The U.S. Department of Transportation has recently made changes to its Transportation Infrastructure Finance and Innovation Act program, specifically focusing on clarifying interest rates for its longest-term loans. This amendment is a part of the 2021 Infrastructure Investment and Jobs Act, which introduced several key provisions to enhance the program. One notable change is the extension of the loan period for certain projects to 75 years, up from the previous 35-year term. Additionally, eligibility for the TIFIA program has been expanded to include airports, transit-oriented developments, and projects outside of a state’s transportation plan.

The TIFIA program, established in 1998, provides credit assistance in the form of low-interest loans for large-scale transportation infrastructure projects of regional and national significance. The primary goal of the program is to address market gaps and leverage private co-investment for critical improvements to the nation’s transportation system. Despite being well-known in the public-private partnership and infrastructure finance sectors, some industry participants have criticized the program for being underutilized due to bureaucratic delays and unclear borrowing requirements.

As of January, the TIFIA program had a lending capacity of $70 billion, offering loans with interest rates around 4.11% for a 35-year term. Since its inception, the program has provided $39.8 billion in TIFIA financing, supporting over $136 billion in infrastructure investment. The new rules introduced by the DOT aim to provide more clarity on interest rates for longer-term TIFIA loans. The interest rate for loans with a final maturity date beyond 35 years after project completion and a term exceeding 40 years will now be linked to State and Local Government Series (SLGS) 30- to 40-year securities, with an additional basis point adjustment.

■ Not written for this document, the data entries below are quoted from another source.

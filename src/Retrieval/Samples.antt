-- ===== src/Retrieval/Samples.antt =====
-- A retrieval in which both providers return the same chunk, and the theorems at these inputs.
use aquaops_copilot.Common.{
  ℕ, ◌+◌, ◌/◌, ◌==◌, String, ◌≡◌, refl, true, ltb, [], ◌∷◌, map, some, str_eq, ok,
}
use aquaops_copilot.Retrieval.Fusion.{
  Floats, StoredChunk, same_fingerprint, unique_chunks, valid_fusion_chunk, add_rank, add_ranking,
  insert, sort_onto, fuse_public_rrf,
}
use aquaops_copilot.Retrieval.Hybrid.{
  Identities, Provider, Reranker, listed, Request, RetrievalResult, valid_request, valid_candidate,
  validate_candidates, search, rerank, same_candidate, validate_reranked, evidence_of, answers,
  answer_from, retrieve,
}
use aquaops_copilot.Retrieval.Snapshot.{Retrieved, retrieve_returns_snapshot}

-- Scores in millionths
abbrev millionths : Floats ℕ
millionths = record {
  zero_score = 0;
  add = λ a b. a + b;
  reciprocal = λ n. 1000000 / n;
  less = ltb;
  equal = λ a b. a == b;
  is_finite = λ _. true;
}

abbrev point : String
point = "8f14e45f-ceea-567a-9b36-3b1f0c0ffee0"

abbrev identities : Identities
identities = record {
  http_url = λ u. str_eq u "https://data.example.org/nh4";
  point_id_of = λ p c. str_eq p point;
}

abbrev chunk : ℕ → StoredChunk ℕ
chunk score = record {
  chunk_id = "0123456789abcdef0123456789abcdef0123456789abcdef0123456789abcdef";
  qdrant_point_id = point;
  source_id = "handbook";
  source_url = "https://data.example.org/nh4";
  source_version = "1.0";
  parent_title = "Ammonium";
  section_path = "Limits" ∷ [];
  text = "Ammonium limits";
  data_class = "public";
  access_policy = "public_read";
  score = score;
}

abbrev provider : ℕ → Provider ℕ
provider score query limit = listed (some (chunk score) ∷ [])

abbrev echo : Reranker ℕ
echo query candidates = listed (map (λ c. some c) candidates)

abbrev request : Request
request = record { query = "ammonium"; candidate_limit = 40; rerank_limit = 20; answer_limit = 6 }

abbrev result : RetrievalResult ℕ
result = record {
  evidence = evidence_of (chunk 32786) ∷ [];
  fused_candidate_ids = "0123456789abcdef0123456789abcdef0123456789abcdef0123456789abcdef" ∷ [];
}

retrieved :
    retrieve millionths identities (some (provider 3)) (some (provider 5)) (some echo) request
    ≡ ok result
unfolding retrieve answer_from valid_request search validate_candidates valid_candidate
    unique_chunks same_fingerprint fuse_public_rrf valid_fusion_chunk add_rank add_ranking insert
    sort_onto rerank validate_reranked same_candidate answers
retrieved = refl

retrieve_returns_snapshot_example :
    (valid_request request ≡ true)
    × Retrieved millionths identities (provider 3) (provider 5) request result
retrieve_returns_snapshot_example =
    retrieve_returns_snapshot millionths identities (provider 3) (provider 5) echo request result
      retrieved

In addition to the updated interest rate structure, the recent amendments to the TIFIA program have relaxed some of the eligibility criteria. Projects are no longer required to be “included in or consistent with” a state’s transportation plan to qualify for TIFIA assistance. This change aims to expand the scope of eligible projects and streamline the application process. The new rules are set to take effect on June 24, providing more flexibility for project developers and sponsors.

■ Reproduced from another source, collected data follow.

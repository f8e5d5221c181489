-- ===== src/Tasks.antt =====
-- aquaops/tasks/jobs.py: the ingestion worker, from the claim of a task to its last attempt.
pub mod Identifiers
pub mod Claim
pub mod Finish
pub mod Attempt
pub mod Worker
pub mod Interleaved
pub mod Serial
pub mod Claiming
pub mod Fencing
pub mod History
pub mod Ending
pub mod Schedule
pub mod Deliveries
mod Samples
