-- ===== src/Tasks/Identifiers.antt =====
-- jobs.py: the patterns of the identifiers in a message.
use aquaops_copilot.Common.{
  ℕ, String, Bool, ◌&&◌, ◌||◌, ◌==◌, List, [], ◌∷◌, all, length, take, drop,
}
use aquaops_copilot.Common.Text.{
  codes, head_tail, is_alnum, is_lower, is_digit, is_lower_hex, between,
}

-- _SAFE_SOURCE_ID = [a-z][a-z0-9-]{2,63}
unfoldable pub is_safe_source_id : String → Bool
is_safe_source_id s = head_tail is_lower (λ c. is_lower c || is_digit c || c == b'-') 2 63 (codes s)

-- _SAFE_WORKER_TOKEN = [A-Za-z0-9][A-Za-z0-9._-]{0,79}
unfoldable pub is_safe_worker_token : String → Bool
is_safe_worker_token s =
    head_tail is_alnum (λ c. is_alnum c || c == b'.' || c == b'_' || c == b'-') 0 79 (codes s)

-- The text begins with `n` characters of the class, and the rest passes.
group : ℕ → (ℕ → Bool) → (List ℕ → Bool) → List ℕ → Bool
group n is_in rest cs = all is_in (take n cs) && length (take n cs) == n && rest (drop n cs)

abbrev dash : (List ℕ → Bool) → List ℕ → Bool
dash rest [] = Bool.false
dash rest (c ∷ cs) = c == b'-' && rest cs

abbrev ends : List ℕ → Bool
ends [] = Bool.true
ends (_ ∷ _) = Bool.false

-- _SAFE_UUID: 8-4-4-4-12 lowercase hexadecimal digits, version 1 to 5, variant 8, 9, a or b
unfoldable pub is_safe_uuid : String → Bool
unfolding group
is_safe_uuid s =
    group 8 is_lower_hex
      (dash (
        group 4 is_lower_hex (
          dash (
            group 1 (between b'1' b'5') (
              group 3 is_lower_hex (
                dash (
                  group 1 (λ c. c == b'8' || c == b'9' || c == b'a' || c == b'b')
                    (group 3 is_lower_hex (dash (group 12 is_lower_hex ends))))))))))
      (codes s)
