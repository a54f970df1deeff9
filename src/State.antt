-- ===== src/State.antt =====
-- globals.h and the variables of namespace `cc` in chromecast.h: the state that the program's parts
-- share. `double`, the operating system and the SSL library are parameters.
pub mod View
pub mod World
pub mod Bag
pub mod Follows
use sponsoryeet.Prelude.{ℕ, ◌≡◌, Bool, true, false, Option, List, ℤ, pos, negsuc, Bytes}

-- What the code does with a `double`. `of_int` converts an integer, which is how the model writes the
-- constants, `to_int` is the conversion to `int`, and `to_string` is `std::to_string`.
pub record Double (D : Type 0) : Type 0 where
  pub lt : D → D → Bool
  pub le : D → D → Bool
  pub add : D → D → D
  pub sub : D → D → D
  pub mul : D → D → D
  pub div : D → D → D
  pub round : D → D
  pub ceil : D → D
  pub of_int : ℤ → D
  pub to_int : D → ℤ
  pub largest : D
  pub to_string : D → Bytes

-- What the proofs use of the order, for every value, not-a-number included, and of -1.
pub record IsDouble {D : Type 0} (double : Double D) : Type 0 where
  pub lt_irrefl : (x : D) → double.lt x x ≡ false
  pub lt_trans : (x y z : D) → double.lt x y ≡ true → double.lt y z ≡ true → double.lt x z ≡ true
  pub minus_one_lt : double.lt (double.of_int (negsuc 0)) (double.of_int (pos 0)) ≡ true
  pub minus_one_ceil : double.to_int (double.ceil (double.of_int (negsuc 0))) ≡ negsuc 0

pub record Segment (D : Type 0) : Type 0 where
  pub begin : D
  pub end : D

pub record Globals (D : Type 0) : Type 0 where
  pub running : Bool
  pub verbose : Bool
  pub adblock : Bool
  pub youtube : Bool
  pub current_segments : List (Segment D)
  pub next_segment_start : D
  pub current_video : Bytes
  pub current_position : D
  pub current_duration : D
  pub last_position_fetched : D
  pub currently_playing : Bool
  pub last_seek : ℕ
  pub last_ping : ℕ
  pub current_status : Bytes
  pub categories : List Bytes
  -- of namespace `cc`
  pub dest : Bytes
  pub media_session : Bytes
  pub request_id : ℕ

-- An IPv4 address and a port.
pub record Address : Type 0 where
  pub host : ℕ
  pub port : ℕ

-- The calls into the system and the SSL library, over a state of the world. Time is in seconds. A
-- pointer is a number, 0 for a null pointer. The amount that `ssl_read` returns counts the bytes at
-- the start of its buffer that it has filled. `assert` is the macro of the C library. `ssl_ctx_set_verify` is
-- given the mode and the callback.
pub record Os (W : Type 0) : Type 0 where
  pub time : W → ℕ × W
  pub errno : W → ℕ
  pub tls_client_method : W → ℕ × W
  pub ssl_ctx_new : ℕ → W → ℕ × W
  pub assert : Bool → W → Unit {0} × W
  pub ssl_ctx_set_verify : ℕ → ℕ → (ℤ → ℕ → ℤ) → W → Unit {0} × W
  pub ssl_ctx_free : ℕ → W → Unit {0} × W
  pub ssl_new : ℕ → W → ℕ × W
  pub ssl_free : ℕ → W → Unit {0} × W
  pub ssl_set_fd : ℕ → ℤ → W → ℤ × W
  pub ssl_connect : ℕ → W → ℤ × W
  pub ssl_write : ℕ → Bytes → W → ℤ × W
  pub ssl_read : ℕ → ℕ → W → (ℤ × Bytes) × W
  pub socket : W → ℤ × W
  pub set_user_timeout : ℤ → ℕ → W → ℤ × W
  pub connect : ℤ → Address → W → ℤ × W
  pub close : ℤ → W → Unit {0} × W
  pub gethostbyname : Bytes → W → Option ℕ × W

-- The matching of texts: `std::regex_search`, with the groups of a match, the whole match first, and
-- `strtod`, with the number of bytes that it consumes, which may set `errno` to `erange`.
pub record Matcher (D W : Type 0) : Type 0 where
  pub regex_search : Bytes → Bytes → Option (List Bytes)
  pub regex_search_all : Bytes → Bytes → List (List Bytes)
  pub strtod : Bytes → W → (D × ℕ) × W
  pub erange : ℕ
  pub clear_errno : W → Unit {0} × W
  pub is_finite : D → Bool

-- The program's variables and the world.
pub record Machine (D W : Type 0) : Type 0 where
  pub globals : Globals D
  pub world : W

abbrev pub Action : Type 0 → Type 0 → Type 0 → Type 0
Action D W A = Machine D W → A × Machine D W

infixl 5 ◌>>=◌ ◌>>◌
abbrev pub ◌>>=◌ : {D W A B : Type 0} → Action D W A → (A → Action D W B) → Action D W B
◌>>=◌ m f s = let (a, s') = m s in f a s'

abbrev pub ◌>>◌ : {D W A B : Type 0} → Action D W A → Action D W B → Action D W B
◌>>◌ m k s = let (a, s') = m s in k s'

module _ {D W : Type 0} where
  abbrev pub return : {A : Type 0} → A → Action D W A
  return a s = (a, s)

  abbrev pub get : Action D W (Globals D)
  get s = (s.globals, s)

  -- Assignments to global variables.
  abbrev pub modify : (Globals D → Globals D) → Action D W (Unit {0})
  modify f s = (tt, record s { globals = f s.globals })

  -- A call into the system.
  abbrev pub call : {A : Type 0} → (W → A × W) → Action D W A
  call f s = let (a, w) = f s.world in (a, record s { world = w })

Industry experts, such as Steve T. Park from Ballard Spahr LLP, have welcomed the changes in the TIFIA program, particularly the increased clarity on interest rates. Park emphasized the importance of clear rules and regulations in promoting investment and development in the infrastructure sector. The American Public Transportation Association has also expressed support for the interest rate rule while urging the DOT to enhance transparency regarding the criteria for qualifying for longer-term loans under the new regulations.

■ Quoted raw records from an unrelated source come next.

-- ===== src/Connection.antt =====
-- `struct Connection` of connection.h. The system and the SSL library are parameters, calls of `Os`.
pub mod Download
pub mod Globals
pub mod Released
use sponsoryeet.Prelude.{
  ℕ, ◌*◌, ◌-◌, ◌^◌, not, ltb_ℤ, ◌≡◌, Bool, true, false, [], if◌then◌else◌, ◌==◌, length, take,
  replicate, ◌++◌, ℤ, pos, negsuc, Bytes,
}
use sponsoryeet.State.{Os, Address, Machine, Action, ◌>>=◌, return, call}

-- `ctx` and `handle` are pointers of the SSL library, and `fd` is the socket.
pub record Connection : Type 0 where
  pub eof : Bool
  pub method : ℕ
  pub ctx : ℕ
  pub handle : ℕ
  pub fd : ℤ

-- `SSL_VERIFY_NONE`.
abbrev pub ssl_verify_none : ℕ
ssl_verify_none = 0

-- The callback accepts every certificate.
abbrev pub verify_callback : ℤ → ℕ → ℤ
verify_callback preverified store = pos 1

abbrev pub ping_interval : ℕ
ping_interval = 30

-- `size_t(n)` of an `int`.
abbrev pub to_size : ℤ → ℕ
to_size (pos n) = n
to_size (negsuc n) = 2 ^ 64 - 1 - n

-- `buffer.resize(amount)`, which cuts the buffer or fills it up with zeros.
abbrev pub resize : ℕ → Bytes → Bytes
resize n buffer = take n (buffer ++ replicate n 0)

abbrev is_one : ℤ → Bool
is_one (pos n) = n == 1
is_one (negsuc n) = false

abbrev is_nought : ℤ → Bool
is_nought (pos n) = n == 0
is_nought (negsuc n) = false

module _ {D W : Type 0} (os : Os W) where
  open os use {
    assert, tls_client_method, ssl_ctx_new, ssl_ctx_set_verify, ssl_new, ssl_free, ssl_ctx_free,
    socket, set_user_timeout, ssl_set_fd, ssl_connect, close, ssl_write, ssl_read,
  }

  -- `Connection()`.
  unfoldable pub open_connection : Action D W Connection
  open_connection = do
    method ← call tls_client_method
    ctx ← call (ssl_ctx_new method)
    asserted ← call (assert (not (ctx == 0)))
    set ← call (ssl_ctx_set_verify ctx ssl_verify_none verify_callback)
    handle ← call (ssl_new ctx)
    return (record { eof = false; method = method; ctx = ctx; handle = handle; fd = negsuc 0 })

  -- `~Connection()`.
  unfoldable pub close_connection : Connection → Action D W (Unit {0})
  close_connection conn = do
    freed ← if conn.handle == 0 then return tt else call (ssl_free conn.handle)
    freed ← if conn.ctx == 0 then return tt else call (ssl_ctx_free conn.ctx)
    if ltb_ℤ (pos 0) conn.fd then call (close conn.fd) else return tt

  -- `connect` from its SSL part on.
  pub connect_ssl : Connection → Action D W Bool
  connect_ssl conn = do
    set ← call (ssl_set_fd conn.handle conn.fd)
    ret ← call (ssl_connect conn.handle)
    return (is_one ret)

  -- The socket stays in the connection on every branch.
  unfoldable pub connect : Address → Connection → Action D W (Bool × Connection)
  unfolding connect_ssl
  connect address conn = do
    fd ← call socket
    let opened = record conn { fd = fd }
    if ltb_ℤ fd (pos 0) then return (false, opened) else (do
      ret ← call (set_user_timeout fd (ping_interval * 1000))
      if not (is_nought ret) then return (false, opened) else (do
        ret ← call (os.connect fd address)
        if not (is_nought ret)
            then return (false, opened)
            else (do done ← connect_ssl opened; return (done, opened))))

  unfoldable pub write : Connection → Bytes → Action D W Bool
  write conn text = do
    amount ← call (ssl_write conn.handle text)
    return (to_size amount == length text)

  -- A failed read is an empty text, and a read of nothing is the end of the connection.
  unfoldable pub read : ℕ → Connection → Action D W (Bytes × Connection)
  read size conn = do
    (amount, buffer) ← call (ssl_read conn.handle size)
    return (elim amount [
      | negsuc n ↦ ([], conn)
      | pos n ↦ (resize n buffer, if n == 0 then record conn { eof = true } else conn)
    ])
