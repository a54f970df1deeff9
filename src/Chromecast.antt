-- ===== src/Chromecast.antt =====
-- chromecast.h: the messages to the device. A message goes out as its size in four bytes, the most
-- significant first, and its serialized fields behind it.
pub mod Frame
pub mod Effects
pub mod Released
use sponsoryeet.Prelude.{
  ℕ, zero, suc, ◌+◌, ◌*◌, ◌/◌, ◌%◌, ◌^◌, ◌≡◌, Bool, true, false, not, ◌&&◌, ◌||◌, List, [], ◌∷◌,
  ◌++◌, if◌then◌else◌, ◌==◌, ltb, Bytes, codes, bytes_eq, is_empty,
}
use sponsoryeet.Cast.Protobuf.{Protobuf}
use sponsoryeet.Cast.Message.{CastMessage, cast_v2_1_0, payload_string, size_content, out_content}
use sponsoryeet.State.{Double, Globals, Os, Machine, Action, ◌>>=◌, ◌>>◌, return, get, modify}
use sponsoryeet.Connection.{Connection, write}

-- `htonl` of a `uint32_t`, as the bytes that `memcpy` takes from it.
abbrev pub big_endian : ℕ → Bytes
big_endian n = (n / 2 ^ 24 % 256) ∷ (n / 2 ^ 16 % 256) ∷ (n / 2 ^ 8 % 256) ∷ (n % 256) ∷ []

-- `std::to_string` of a number that is not negative: its decimal digits.
abbrev digits : ℕ → ℕ → Bytes → Bytes
digits zero n out = out
digits (suc fuel) n out =
    let rest = digits fuel (n / 10) ((b'0' + n % 10) ∷ out) in
    if ltb n 10 then (b'0' + n % 10) ∷ out else rest

unfoldable pub decimal : ℕ → Bytes
decimal n = digits (suc n) n []

pub data Namespace : Type 0 where
  connection receiver heartbeat media namespaces_count : Namespace

-- `ns::strings`; the last enumerator only counts the others.
unfoldable pub namespace_text : Namespace → Bytes
namespace_text connection = codes "urn:x-cast:com.google.cast.tp.connection"
namespace_text receiver = codes "urn:x-cast:com.google.cast.receiver"
namespace_text heartbeat = codes "urn:x-cast:com.google.cast.tp.heartbeat"
namespace_text media = codes "urn:x-cast:com.google.cast.media"
namespace_text namespaces_count = []

pub data MessageType : Type 0 where
  connect ping pong get_status media_status simple_message_count : MessageType

-- `msgs` of `sendSimple`.
unfoldable pub message_text : MessageType → Bytes
message_text connect = codes "{\"type\": \"CONNECT\"}"
message_text ping = codes "{\"type\": \"PING\"}"
message_text pong = codes "{\"type\": \"PONG\"}"
message_text get_status = codes "{\"type\": \"GET_STATUS\", \"requestId\": 1}"
message_text media_status = codes "{\"type\": \"MEDIA_STATUS\"}"
message_text simple_message_count = []

abbrev pub is_count : Namespace → Bool
is_count namespaces_count = true
is_count _ = false

abbrev pub is_message_count : MessageType → Bool
is_message_count simple_message_count = true
is_message_count _ = false

abbrev pub is_get_status : MessageType → Bool
is_get_status get_status = true
is_get_status _ = false

abbrev pub is_heartbeat : MessageType → Bool
is_heartbeat ping = true
is_heartbeat pong = true
is_heartbeat _ = false

-- The message that `sendMessage` fills in.
unfoldable pub outgoing : Bytes → Bytes → Bytes → CastMessage
outgoing dest ns message = record {
  protocol_version = cast_v2_1_0;
  source_id = codes "sender-0";
  destination_id = if is_empty dest then codes "receiver-0" else dest;
  namespace = ns;
  payload_type = payload_string;
  payload_utf8 = message;
  payload_binary = [];
}

-- The text that `seek` sends.
abbrev pub seek_text : {D : Type 0} → Double D → ℕ → Bytes → D → Bytes
seek_text double id session position =
    codes "{  \"type\": \"SEEK\",  \"requestId\": "
    ++ decimal id
    ++ codes ",  \"mediaSessionId\": \""
    ++ session
    ++ codes "\",  \"currentTime\": "
    ++ double.to_string position
    ++ codes "}"

-- `first` is the order that `out_content` leaves open.
module _ {D W : Type 0} (double : Double D) (os : Os W) (p : Protobuf CastMessage)
    (first : Bool) where
  -- Printing in verbose mode is left out.
  unfoldable pub send_message : Connection → Bytes → Bytes → Action D W Bool
  send_message conn ns message = do
    g ← get
    let msg = outgoing g.dest ns message
    let header = big_endian (size_content p msg % 2 ^ 32)
    let (done, buffer) = out_content p first msg header
    if done then write os conn buffer else return false

  -- `s_requestId++`.
  abbrev next_request : Action D W ℕ
  next_request = do
    g ← get
    modify (λ h. record h { request_id = h.request_id + 1 })
    return g.request_id

  unfoldable pub send_simple : Connection → MessageType → Namespace → Action D W Bool
  send_simple conn type urn = do
    g ← get
    if is_count urn || is_message_count type
        then return false
        else if is_get_status type && not (is_empty g.media_session)
        then (do
          id ← next_request
          send_message conn (namespace_text media) (
              codes "{  \"type\": \"GET_STATUS\",  \"requestId\": "
              ++ decimal id
              ++ codes ",  \"mediaSessionId\": \""
              ++ g.media_session
              ++ codes "\"}"))
        else (do
          modify (λ h. if is_heartbeat type then record h { verbose = false } else h)
          ret ← send_message conn (namespace_text urn) (message_text type)
          modify (λ h. record h { verbose = g.verbose })
          return ret)

  unfoldable pub seek : Connection → D → Action D W Bool
  seek conn position = do
    g ← get
    if is_empty g.media_session then return false else (do
      id ← next_request
      send_message conn (namespace_text media) (seek_text double id g.media_session position))

  unfoldable pub send_simple_media : Connection → Bytes → Action D W Bool
  send_simple_media conn command = do
    g ← get
    if is_empty g.media_session then return false else (do
      id ← next_request
      send_message conn (namespace_text media) (
          codes "{  \"type\": \""
          ++ command
          ++ codes "\",  \"requestId\": "
          ++ decimal id
          ++ codes ",  \"mediaSessionId\": \""
          ++ g.media_session
          ++ codes "\" }"))

  unfoldable pub load_media : Connection → Bytes → D → Action D W Bool
  load_media conn video position = if is_empty video then return false else (do
    id ← next_request
    send_message conn (namespace_text media) (
        codes "{  \"type\": \"LOAD\",  \"requestId\": "
        ++ decimal id
        ++ codes ",  \"media\": {   \"contentId\": \""
        ++ video
        ++ codes
            "\",    \"streamType\": \"BUFFERED\",    \"contentType\": \"x-youtube/video\"  },  \"currentTime\": "
        ++ double.to_string position
        ++ codes "}"))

Overall, the revamped TIFIA program represents a significant step towards enhancing infrastructure financing and fostering public-private partnerships in transportation projects. The updated rules provide greater certainty for borrowers and investors, ultimately contributing to the development of critical infrastructure across the country. As the program continues to evolve, stakeholders in the infrastructure sector should stay informed about the latest changes and opportunities offered by the TIFIA program.